Mouvement 2 : L’automne
Après un vol calme et un clin d’œil de la barque lunaire surmonté de Vénus à travers les hublots, l’arrivée à Lusaka ce 20 juin s’effectue avec le lever de l’astre du jour sur le tarmac de l’aéroport. C’est le dernier jour de l’automne austral, le passage à l’équateur quelques heures plus tôt nous a basculés dans la saison sèche de cette partie de la planète. L’accueil est excellent, les autorités zambiennes ont apparemment donné quelques consignes…
Le transfert sur la ligne de centralité, à 60 kms au nord de la capitale zambienne, est parcouru à des années-lumières des conseils de notre prévention routière nationale.
Après une journée d’installation et préparatifs, le crépuscule arrive très vite cette fin d’après-midi. A cette latitude (15°), le soleil entame une descente rapide et décidé, nous gratifiant d’un coucher somptueux dans un ciel d’une limpidité à faire rêver le plus blasé des astronomes. La nuit s’annonce mémorable. Elle le sera…
Le soleil ayant tiré sa révérence, place à ses confrères éloignés. Le grand jeu du repérage des constellations australes commence. Mars donne le “La”, déjà à 30° d’altitude, tandis qu’Antarès du Scorpion l’accompagne. Puis apparaissent Sirius et deux phares plein sud, alpha et bêta du Centaure, tandis que la Croix du sud se dévoile enfin à nos yeux novices d’observateurs boréaux.
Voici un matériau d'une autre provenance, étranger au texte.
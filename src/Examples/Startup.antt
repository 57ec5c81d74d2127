-- ===== src/Examples/Startup.antt =====
-- A server from its constructor to its start: a witness.
use epoll.Base.{◌≡◌, bit_or, refl, true, false, [], none, ok, arith, codes, digits_of, value_from}
use epoll.Channel
use epoll.Channel.{read_event}
use epoll.Acceptor
use epoll.EventLoopThreadPool
use epoll.Sockets.{returned, zero_addr, create_nonblocking_or_die, bind_or_die, listen_or_die}
use epoll.Sockets.Address.{of_ip}
use epoll.Sockets.Options.{
  set_reuse_addr, set_reuse_port, bind_address, start_listening, record_call, bind, listen,
}
use epoll.TcpServer.{ServerFunctor, TcpServer, new, start, run_in_loop, call_functor}
use epoll.Sockets.Laws.{with_port, of_ip_lem}
use epoll.Channel.Update.{switched, enable_reading_lem}
use epoll.Poller.{find}
use epoll.Poller.Registry.{unknown}
use epoll.EventLoop.Ops.{LoopTracks}
use epoll.Examples.Kernel.{epoll_model, thread}
use epoll.TcpServer.Connections.{IsValid}
use epoll.TcpServer.Runs.{begin, starts}
use epoll.TcpServer.Beginning.{new-Run}
use epoll.Examples.Servers.{inet, ip, server_loops, base, here, plain}

abbrev Server : Type 0
Server = TcpServer server_loops plain

abbrev made : Server
made = record {
  base_loop = 7;
  loop = base;
  ip_port = with_port ip 2009;
  name = codes "TcpServer";
  acceptor = record {
    accept_socket =
        record_call (bind (of_ip inet zero_addr ip 2009 false))
          (set_reuse_port false (set_reuse_addr true (record { sockfd = 6; calls = [] })));
    accept_channel = Channel.new 7 300 6;
    listenning = false;
  };
  thread_pool = EventLoopThreadPool.new 7;
  started = 0;
  next_conn_id = 1;
  connections = [];
  store = λ a. none;
  queues = λ l. [];
}

-- The constructor, where the socket 6 is returned and bound.
made_lem :
    new server_loops plain inet 7 base 300
      (returned 6)
      true
      (of_ip inet zero_addr ip 2009 false)
      (codes "TcpServer")
      false
    ≡ ok made
unfolding new Acceptor.new create_nonblocking_or_die bind_address bind_or_die value_from digits_of
made_lem =
    let (_, _, text, _) =
      of_ip_lem inet zero_addr ip 2009 false (2130706433, refl, refl) (omega arith) in
    rw text refl

unwatched_channel : LoopTracks epoll_model ServerFunctor thread base made.acceptor.accept_channel
unfolding find Channel.new
unwatched_channel = record {
  owner = refl;
  thread = refl;
  tracks = record { open_fd = refl; fits = unknown refl refl refl };
}

-- `start` in the base loop's thread, without threads.
launched : (t : Server) × (start server_loops plain here (λ i. i) true made ≡ ok t)
unfolding start EventLoopThreadPool.start EventLoopThreadPool.start_threads EventLoopThreadPool.new
    run_in_loop call_functor Acceptor.listen start_listening listen_or_die
launched =
    let c = made.acceptor.accept_channel in
    let s = enable_reading_lem server_loops c base unwatched_channel in
    (
      record made {
        started = 1;
        thread_pool = record (made.thread_pool) { started = true };
        loop = s.loop;
        acceptor = record {
          accept_socket = record_call listen made.acceptor.accept_socket;
          accept_channel = switched c (bit_or c.events read_event) s.index;
          listenning = true;
        };
      },
      rw s.done refl,
    )

new-Run_example : IsValid server_loops plain (launched.0)
unfolding value_from digits_of
new-Run_example =
    new-Run server_loops plain inet 7 base 300 (returned 6) true zero_addr ip 2009 false
      (codes "TcpServer") false (2130706433, refl, refl) (omega arith) made_lem
      (starts here (λ i. i) true begin (launched.1))
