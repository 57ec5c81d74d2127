-- ===== src/Examples/Threads.antt =====
-- A loop in a thread of its own, left at once, or told to quit and left too late: witnesses.
use epoll.Base.{◌≡◌, refl, true, false, none, ◌⊎◌}
use epoll.EventLoopThread.{
  calling_null, finished, joining, EventLoopThread, new, start, make, hand_over, wake, take_over,
  tell_quit, enter, begin_exit, see_loop, leave, finish, call_null, Reach, here, next,
}
use epoll.EventLoopThread.Handover.{calls_null, is_null, used, handed, is_over, start_loop_lem}
use epoll.EventLoopThread.LostQuit.{stuck, join_stuck}

-- The owner tells the loop at address 9 to quit, its destructor finds the loop still there, and then
-- the thread comes to its end: the owner is about to call a NULL.
abbrev too_late : EventLoopThread
too_late = record {
  owner = calling_null;
  thread = finished;
  loop = none;
  exiting = true;
  thread_started = true;
  quit = true;
}

too_late_run : Reach new too_late
too_late_run =
    let begun : Reach new _ = next here (start refl refl) in
    let served = next (next begun (make 9 refl refl)) (hand_over 9 refl) in
    let owned = next (next served (wake 9 refl refl)) (take_over 9 refl refl) in
    let told = next (next owned (enter 9 refl)) (tell_quit 9 refl) in
    let left = next (next told (begin_exit 9 refl)) (see_loop 9 refl refl) in
    let over = next (next left (leave 9 refl refl)) (finish 9 refl) in
    next over (call_null 9 refl refl)

start_loop_lem_example :
    (is_null too_late.owner ≡ false)
    × ((used too_late.owner ≡ none)
        ⊎ ((used too_late.owner ≡ too_late.loop)
            × (too_late.loop ≡ handed too_late.thread)
            × (is_over too_late.thread ≡ false))
        ⊎ ((too_late.quit ≡ true) × (is_over too_late.thread ≡ true)))
    × (calls_null too_late.owner ≡ true → (too_late.quit ≡ true) × (is_over too_late.thread ≡ true))
start_loop_lem_example = start_loop_lem too_late_run

join_stuck_example :
    Reach new (stuck 9) × ((t : EventLoopThread) → Reach (stuck 9) t → t.owner ≡ joining)
join_stuck_example = join_stuck 9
Puis tout s’accélère, le crépuscule astronomique est atteint rapidement et le spectacle dépasse nos rêves les plus fous. Tout d’abord la lumière zodiacale. Un cône de lumière coupé au couteau qui monte jusqu’à 60°. Les observateurs sont ébahis. puis la Voie Lactée qui irradie littéralement la voûte céleste. Tel une envolée lyrique, les objets du ciel austral donnent le meilleur d’eux-même. Toutes ces nébuleuses, ces amas comme celui du Centaure qui écrase par sa beauté le ridicule M13. Et le sac à charbon, la boîte à bijoux, la Tarentule… Peut importe si le temps est couvert demain, cette nuit vaut à elle seule le voyage. Après quelques courtes heures de sommeil, retour sous les étoiles. Nouveau choc avec le petit nuage de Magellan, et, cerise sur le gâteau, la comète LINEAR A2 visible à l’œil nu comme un gros amas globulaire, mais dont la queue se dévoile aux jumelles. La tranche de notre Galaxie et maintenant à la verticale, et Mars proche de l’horizon. Tout le monde assiste à à son coucher derrière les arbres, sans une vibration, sans aucune turbulence.
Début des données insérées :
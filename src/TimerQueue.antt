-- ===== src/TimerQueue.antt =====
-- TimerQueue.h, TimerQueue.cpp, Timer.h and Timer.cpp: the timers of a loop. `heap` holds the timers
-- at their addresses, and `armed` the expiration that the timerfd was last set for. A time is a
-- number of microseconds. `in_loop_thread` says whether the caller runs in the loop's thread.
pub mod Sets
pub mod InStep
pub mod Insertion
pub mod Cancellation
pub mod Expiry
pub mod Clock
pub mod Repeating
pub mod Entries
pub mod Reset
pub mod Setup
pub mod Undone
use epoll.Base.{
  ℕ, ◌-◌, ◌*◌, ◌/◌, ◌%◌, Bool, true, false, not, ◌&&◌, ◌||◌, List, [], ◌∷◌, ltb, ◌==◌, Option, none,
  some, if◌then◌else◌, length, Result, ok, err, check, assert, out_of_bounds, fatal, ◌>>=◌, ◌>>◌,
}

-- `std::set` of pairs: in increasing order, without repetition. `Entry` is an expiration with the
-- address of a timer, `ActiveTimer` an address with a sequence number.
abbrev pub Pairs : Type 0
Pairs = List (ℕ × ℕ)

abbrev pub less : ℕ × ℕ → ℕ × ℕ → Bool
less x y = ltb x.0 y.0 || (x.0 == y.0 && ltb x.1 y.1)

abbrev pub same_pair : ℕ × ℕ → ℕ × ℕ → Bool
same_pair x y = x.0 == y.0 && x.1 == y.1

unfoldable pub contains : ℕ × ℕ → Pairs → Bool
contains x [] = false
contains x (y ∷ s) = same_pair x y || contains x s

unfoldable pub put : ℕ × ℕ → Pairs → Pairs
put x [] = x ∷ []
put x (y ∷ s) = let more = put x s in if less x y then x ∷ y ∷ s else y ∷ more

unfoldable pub remove : ℕ × ℕ → Pairs → Pairs
remove x [] = []
remove x (y ∷ s) = let more = remove x s in if same_pair x y then s else y ∷ more

-- `begin()` up to `lower_bound(x)`, and the rest
unfoldable pub before : ℕ × ℕ → Pairs → Pairs
before x [] = []
before x (y ∷ s) = let more = before x s in if less y x then y ∷ more else []

unfoldable pub from : ℕ × ℕ → Pairs → Pairs
from x [] = []
from x (y ∷ s) = let more = from x s in if less y x then more else y ∷ s

pub record Timer : Type 0 where
  pub expiration : ℕ
  pub interval : ℕ
  pub repeat : Bool
  pub sequence : ℕ

pub record TimerQueue : Type 0 where
  pub heap : ℕ → Option Timer
  pub timers : Pairs
  pub active_timers : Pairs
  pub calling_expired_timers : Bool
  pub canceling_timers : Pairs
  pub armed : Option ℕ

-- `*timer`
unfoldable pub timer_at : ℕ → TimerQueue → Result Timer
timer_at a q = elim (q.heap a) [ none ↦ err out_of_bounds | some t ↦ ok t ]

unfoldable pub set_at : ℕ → Option Timer → (ℕ → Option Timer) → ℕ → Option Timer
set_at a new heap b = if b == a then new else heap b

abbrev pub assert_in_step : TimerQueue → Result (Unit {0})
assert_in_step q = assert (length q.timers == length q.active_timers)

-- `it == _timers.end() || when < it->first`, for the first entry or the end
abbrev pub is_before_first : ℕ → Pairs → Bool
is_before_first when [] = true
is_before_first when (y ∷ s) = ltb when y.0

unfoldable pub put_both : ℕ → Timer → TimerQueue → TimerQueue
put_both a t q = record q {
  timers = put (t.expiration, a) q.timers;
  active_timers = put (a, t.sequence) q.active_timers;
}

unfoldable pub insert : Bool → ℕ → TimerQueue → Result (Bool × TimerQueue)
insert in_loop_thread a q = do
  check in_loop_thread fatal
  assert_in_step q
  t ← timer_at a q
  assert (not (contains (t.expiration, a) q.timers))
  assert (not (contains (a, t.sequence) q.active_timers))
  let q' = put_both a t q
  assert_in_step q'
  ok (is_before_first t.expiration q.timers, q')

unfoldable pub add_timer_in_loop : Bool → ℕ → TimerQueue → Result TimerQueue
add_timer_in_loop in_loop_thread a q = do
  check in_loop_thread fatal
  (earliest_changed, q') ← insert in_loop_thread a q
  t ← timer_at a q'
  ok (if earliest_changed then record q' { armed = some t.expiration } else q')

-- `erase` from both sets, and `delete`
unfoldable pub drop_timer : ℕ → ℕ → TimerQueue → Result TimerQueue
drop_timer a sequence q = do
  t ← timer_at a q
  assert (contains (t.expiration, a) q.timers)
  ok (record q {
    timers = remove (t.expiration, a) q.timers;
    active_timers = remove (a, sequence) q.active_timers;
    heap = set_at a none q.heap;
  })

-- The set `_cancelingTimers` keeps a timer that it has already.
unfoldable pub remember : ℕ → ℕ → TimerQueue → TimerQueue
remember a sequence q =
    if contains (a, sequence) q.canceling_timers
    then q
    else record q { canceling_timers = put (a, sequence) q.canceling_timers }

-- The `TimerId` is the address and the sequence number.
unfoldable pub cancel_in_loop : Bool → ℕ → ℕ → TimerQueue → Result TimerQueue
cancel_in_loop in_loop_thread a sequence q = do
  check in_loop_thread fatal
  assert_in_step q
  q' ←
      if contains (a, sequence) q.active_timers
      then drop_timer a sequence q
      else ok (if q.calling_expired_timers then remember a sequence q else q)
  assert_in_step q'
  ok q'

unfoldable pub drop_active : TimerQueue → Pairs → Pairs → Result Pairs
drop_active q [] active = ok active
drop_active q (entry ∷ expired) active = do
  t ← timer_at entry.1 q
  assert (contains (entry.1, t.sequence) active)
  drop_active q expired (remove (entry.1, t.sequence) active)

-- UINTPTR_MAX
abbrev pub max_address : ℕ
max_address = 18446744073709551615

unfoldable pub get_expired : ℕ → TimerQueue → Result (Pairs × TimerQueue)
get_expired now q = do
  assert_in_step q
  let expired = before (now, max_address) q.timers
  assert (is_before_first now (from (now, max_address) q.timers))
  active ← drop_active q expired q.active_timers
  let q' : TimerQueue = record q { active_timers = active }
  assert_in_step q'
  ok (expired, q')

-- The callbacks run in the order of the entries. `run` is what a timer's callback does.
unfoldable pub run_expired :
    (Timer → TimerQueue → Result TimerQueue) → Pairs → TimerQueue → Result TimerQueue
run_expired run [] q = ok q
run_expired run (entry ∷ expired) q = do
  t ← timer_at entry.1 q
  q' ← run t q
  run_expired run expired q'

unfoldable pub handle_read :
    (Timer → TimerQueue → Result TimerQueue) → Bool → ℕ → TimerQueue → Result TimerQueue
handle_read run in_loop_thread now q = do
  check in_loop_thread fatal
  (expired, q') ← get_expired now q
  q'' ← run_expired run expired (record q' { calling_expired_timers = true; canceling_timers = [] })
  ok (record q'' { calling_expired_timers = false })

-- `struct timespec`
pub record TimeSpec : Type 0 where
  pub tv_sec : ℕ
  pub tv_nsec : ℕ

-- `Timestamp::kMicroSecondsPerSecond`
abbrev pub micro_seconds_per_second : ℕ
micro_seconds_per_second = 1000000

-- A time in the past gives a difference of 0 here, which is below 100 as the source's negative one.
unfoldable pub how_much_time_from_now : ℕ → ℕ → TimeSpec
how_much_time_from_now now when =
    let difference = when - now in
    let microseconds = if ltb difference 100 then 100 else difference in
    record {
      tv_sec = microseconds / micro_seconds_per_second;
      tv_nsec = (microseconds % micro_seconds_per_second) * 1000;
    }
L’automne s’achève, le jour se lève sur une nouvelle journée prometteuse en délectation sensorielle.
Mouvement 3 : L’hiver
Oubliés les appels frénétiques à Météo-France des 10 et 11 Août 1999, les courses poursuites avec les rares éclaircies du nord de la France. L’hiver débute ce 21 juin avec un ciel sans nuage.
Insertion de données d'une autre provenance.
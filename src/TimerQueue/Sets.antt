-- ===== src/TimerQueue/Sets.antt =====
-- The ordered sets of pairs.
use epoll.Base.{ℕ, suc, ◌≡◌, refl, Bool, true, false, not, ◌&&◌, ◌||◌, [], ◌∷◌, length, arith}
use epoll.TimerQueue.{Pairs, less, same_pair, contains, put, remove}

-- Every member is above `x`.
unfoldable pub is_above : ℕ × ℕ → Pairs → Bool
is_above x [] = true
is_above x (y ∷ s) = less x y && is_above x s

unfoldable pub is_sorted : Pairs → Bool
is_sorted [] = true
is_sorted (x ∷ s) = is_above x s && is_sorted s

pub contains-put :
    (x z : ℕ × ℕ) (s : Pairs) → contains z (put x s) ≡ (same_pair z x || contains z s)
unfolding contains put
contains-put x z [] = refl
contains-put x z (y ∷ s) = ground (arith, contains-put x z s)

pub length-put : (x : ℕ × ℕ) (s : Pairs) → length (put x s) ≡ suc (length s)
unfolding put
length-put x [] = refl
length-put x (y ∷ s) = ground (arith, length-put x s)

pub length-remove :
    (x : ℕ × ℕ) (s : Pairs) → contains x s ≡ true → suc (length (remove x s)) ≡ length s
unfolding contains remove
length-remove x [] h = cc
length-remove x (y ∷ s) h = ground (arith, length-remove x s)

above-lower :
    (x y : ℕ × ℕ) (s : Pairs) → less x y ≡ true → is_above y s ≡ true → is_above x s ≡ true
unfolding is_above
above-lower x y [] h a = refl
above-lower x y (z ∷ s) h a = ground (arith, above-lower x y s)

above-put :
    (z x : ℕ × ℕ) (s : Pairs) → less z x ≡ true → is_above z s ≡ true → is_above z (put x s) ≡ true
unfolding is_above put
above-put z x [] h a = ground (arith, h)
above-put z x (y ∷ s) h a = ground (arith, above-put z x s)

pub put-sorted :
    (x : ℕ × ℕ) (s : Pairs) → is_sorted s ≡ true → contains x s ≡ false → is_sorted (put x s) ≡ true
unfolding is_sorted is_above contains put
put-sorted x [] h n = refl
put-sorted x (y ∷ s) h n = ground (arith, put-sorted x s, above-lower x y s, above-put y x s)

above-remove : (z x : ℕ × ℕ) (s : Pairs) → is_above z s ≡ true → is_above z (remove x s) ≡ true
unfolding is_above remove
above-remove z x [] h = refl
above-remove z x (y ∷ s) h = ground (arith, above-remove z x s)

pub remove-sorted : (x : ℕ × ℕ) (s : Pairs) → is_sorted s ≡ true → is_sorted (remove x s) ≡ true
unfolding is_sorted remove
remove-sorted x [] h = refl
remove-sorted x (y ∷ s) h = ground (arith, remove-sorted x s, above-remove y x s)

not-contains-above : (x : ℕ × ℕ) (s : Pairs) → is_above x s ≡ true → contains x s ≡ false
unfolding is_above contains
not-contains-above x [] h = refl
not-contains-above x (y ∷ s) h = ground (arith, not-contains-above x s)

same_pair-contains : (x y : ℕ × ℕ) (s : Pairs) → same_pair x y ≡ true → contains x s ≡ contains y s
unfolding contains
same_pair-contains x y [] h = refl
same_pair-contains x y (z ∷ s) h = ground (arith, same_pair-contains x y s)

pub contains-remove :
    (x z : ℕ × ℕ) (s : Pairs)
    → is_sorted s ≡ true
    → contains z (remove x s) ≡ (not (same_pair z x) && contains z s)
unfolding contains remove is_sorted
contains-remove x z [] h = ground arith
contains-remove x z (y ∷ s) h =
    ground (arith, contains-remove x z s, not-contains-above y s, same_pair-contains z y s)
Derniers préparatifs matinaux avec les chœurs d’un groupe zambien en fond sonore, et déjà le premier contact. Plusieurs groupes de taches solaires sont avalés par Séléné tandis que la température doucement diminue. L’excitation augmente, la lumière si caractéristique des éclipses commence à produire son charme sur les observateurs. La symphonie peut commencer. Il ne reste maintenant plus qu’un fin croissant d’hydrogène en fusion, l’ambiance est électrique. Diamant. Protubérances. Couronne. Crépitement des boîtiers photo. Elle est là. Encore plus belle que les plus belles déjà vécues. La couronne est subliminale. 6 mois après son maximum, notre étoile donne à sa chevelure un éclat incomparable. Coup d’œil au crépuscule sur 360°, aux rires et pleurs des chasseurs qui tiennent enfin leur proie… Oublié les plus beaux paysages de la planète. L’homme est à cet instant au plus profond avec son environnement, sa source de vie. Diamant. C’est fini. Certains exultent pour exprimer leur bonheur et évacuer la tension accumulée, d’autres restent silencieux, tentant de conserver en eux quelques instants encore cette émotion puissante. Les chœurs africains reprennent, comme pour honorer celui qui a daigné nous offrir le spectacle de sa plus belle partition. Aucune fausse note.
Mouvement 4 : L’été
Il est 23h50 ce 21 juin lorsque l’Airbus franchit la ligne imaginaire de l’équateur et nous fait basculer dans l’été de l’hémisphère nord. Quelques heures plus tard, je retrouvais le chef d’orchestre de ce merveilleux concert à travers le cockpit du grand oiseau blanc, dans un lever cristallin. Beaucoup de passagers iront assister aux prochains concerts, c’est une certitude. Il y a de la place et les abonnements sont pris… A vie.